Я знаю, что, по доброму обычаю и по существующему порядку, в ответ на ваш вопрос мне подобало бы гордо вскинуть голову и, подбоченившись, спросить: «А вы, сударь, кем вы изволите быть?» Но у вас длинная шпага, а у меня только мой ланцет, у вас вид знатного дворянина, а я, промокший до костей, по пояс в грязи, я должен вам казаться каким-то проходимцем. Поэтому отвечу вам просто и чистосердечно: меня зовут Реми ле Одуэн.
- Прекрасно, сударь, тысячу раз благодарю. Что до меня, то я граф Луи де Клермон, сеньор де Бюсси.
- Бюсси д'Амбуаз! Герой Бюсси! - восторженно воскликнул юный медик. - Так вот оно что! Сударь, вы тот самый знаменитый Бюсси, тот полковник, который, который?.. О!
- Тот самый, сударь.

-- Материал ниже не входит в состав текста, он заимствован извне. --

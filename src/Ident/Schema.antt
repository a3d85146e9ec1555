-- ===== src/Ident/Schema.antt =====
-- internal/util/ident/schema.go and table.go: building schemas and tables from their parts.
use cdc_sink.Base.{
  ◌-◌, ◌&&◌, Option, none, some, List, [], ◌∷◌, ◌++◌, length, take, ltb, eqb, if◌then◌else◌,
}
use cdc_sink.Ident.{
  Ident, ArrayKey, Schema, Table, schema, idents, array_empty, atom_empty, max_array_length,
}

-- The loop that fills the key, for at most two parts.
unfoldable pub key_of_parts : List Ident → ArrayKey
key_of_parts [] = record { first = none; second = none }
key_of_parts (a ∷ []) = record { first = a; second = none }
key_of_parts (a ∷ b ∷ parts) = record { first = a; second = b }

-- `NewSchema`; none is the error.
unfoldable pub new_schema : List Ident → Option Schema
unfolding key_of_parts
new_schema [] = some none
new_schema (a ∷ parts) =
    if ltb max_array_length (length (a ∷ parts))
    then none
    else some (some (key_of_parts (a ∷ parts)))

unfoldable pub new_table : Schema → Ident → Table
unfolding array_empty atom_empty
new_table enclosing name =
    if array_empty enclosing && atom_empty name
    then none
    else some (record { namespace = enclosing; terminal = name })

-- `Table.Schema` and `Table.Table`.
unfoldable pub schema_of : Table → Schema
schema_of none = none
schema_of (some q) = q.namespace

unfoldable pub table_of : Table → Ident
table_of none = none
table_of (some q) = q.terminal

pub data Qualification : Type 0 where
  table_only partial_schema fully_qualified : Qualification

-- `Relative`; none is an error.
unfoldable pub relative : Schema → List Ident → Option (Schema × Qualification)
unfolding idents new_schema
relative s parts =
    let existing = idents (schema s) [] in
    let n = length existing - length parts in
    if ltb (length existing) (length parts)
    then none
    else if eqb (length parts) (length existing)
    then elim (new_schema parts) [ none ↦ none | some ret ↦ some (ret, fully_qualified) ]
    else elim (new_schema (take n existing ++ parts)) [
      | none ↦ none
      | some ret ↦ some (ret, partial_schema)
    ]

А теперь, когда мы выяснили, кто мы такие, сделайте милость, удовлетворите мое любопытство, несмотря на то что вы весь вымокли и измазались в грязи.
- Ив самом деле, - сказал молодой человек, сокрушенно разглядывая свои короткие штаны, сплошь забрызганные грязью, - и в самом деле, мне, как Эпаминонду Фиванскому, очевидно, придется провести три дня дома, ведь в моем гардеробе всего лишь одни штаны и только один камзол. Но, простите, как мне показалось, вы соблаговолили задать мне какой-то вопрос?
- Да, сударь, я хотел бы у вас спросить, как вы попали в тот дом.
- Весьма простым и в то же время очень сложным путем. Судите сами.
- Посмотрим.
- Господин граф, извините меня, я был так потрясен, что обращался к вам, не называя вашего титула.
- Какие пустяки, продолжайте.
- Господин граф, вот моя история: я живу на улице Ботрейи в пятистах двух шагах отсюда. Я бедный ученик хирурга, но, могу вас заверить, рука у меня довольно умелая.
- Я и сам имел случай в этом убедиться, - сказал Бюсси.
- Учился-то я усердно, - продолжал молодой человек, - да вот пациентов не приобрел. Меня зовут, как я уже говорил: Реми ле Одуэн; Реми - потому, что такое имя дали мне при крещении, и Одуэн - потому, что я родился в Нантей-ле-Одуэн. Семь или восемь дней тому назад за Арсеналом какого-то бедолагу как следует полоснули ножом, я зашил ему кожу на животе и очень удачно втиснул туда кишки, которые вывалились было наружу. Эта операция принесла мне некоторую известность в округе, и, видимо, благодаря ей мне посчастливилось: вчера ночью меня разбудил чей-то приятный голосок.
- Голос женщины! - воскликнул Бюсси.
- Да, но не спешите с выводами, граф, какой бы деревенщиной я ни был, все же я понял, что это голос служанки. Я их знаю, ведь мне гораздо чаще приходилось иметь дело со служанками, чем с госпожами.
- И что же вы сделали?
- Я поднялся и открыл дверь, но едва я высунул голову, как две маленькие, не слишком нежные, но и не чересчур загрубелые ручки наложили мне па глаза повязку.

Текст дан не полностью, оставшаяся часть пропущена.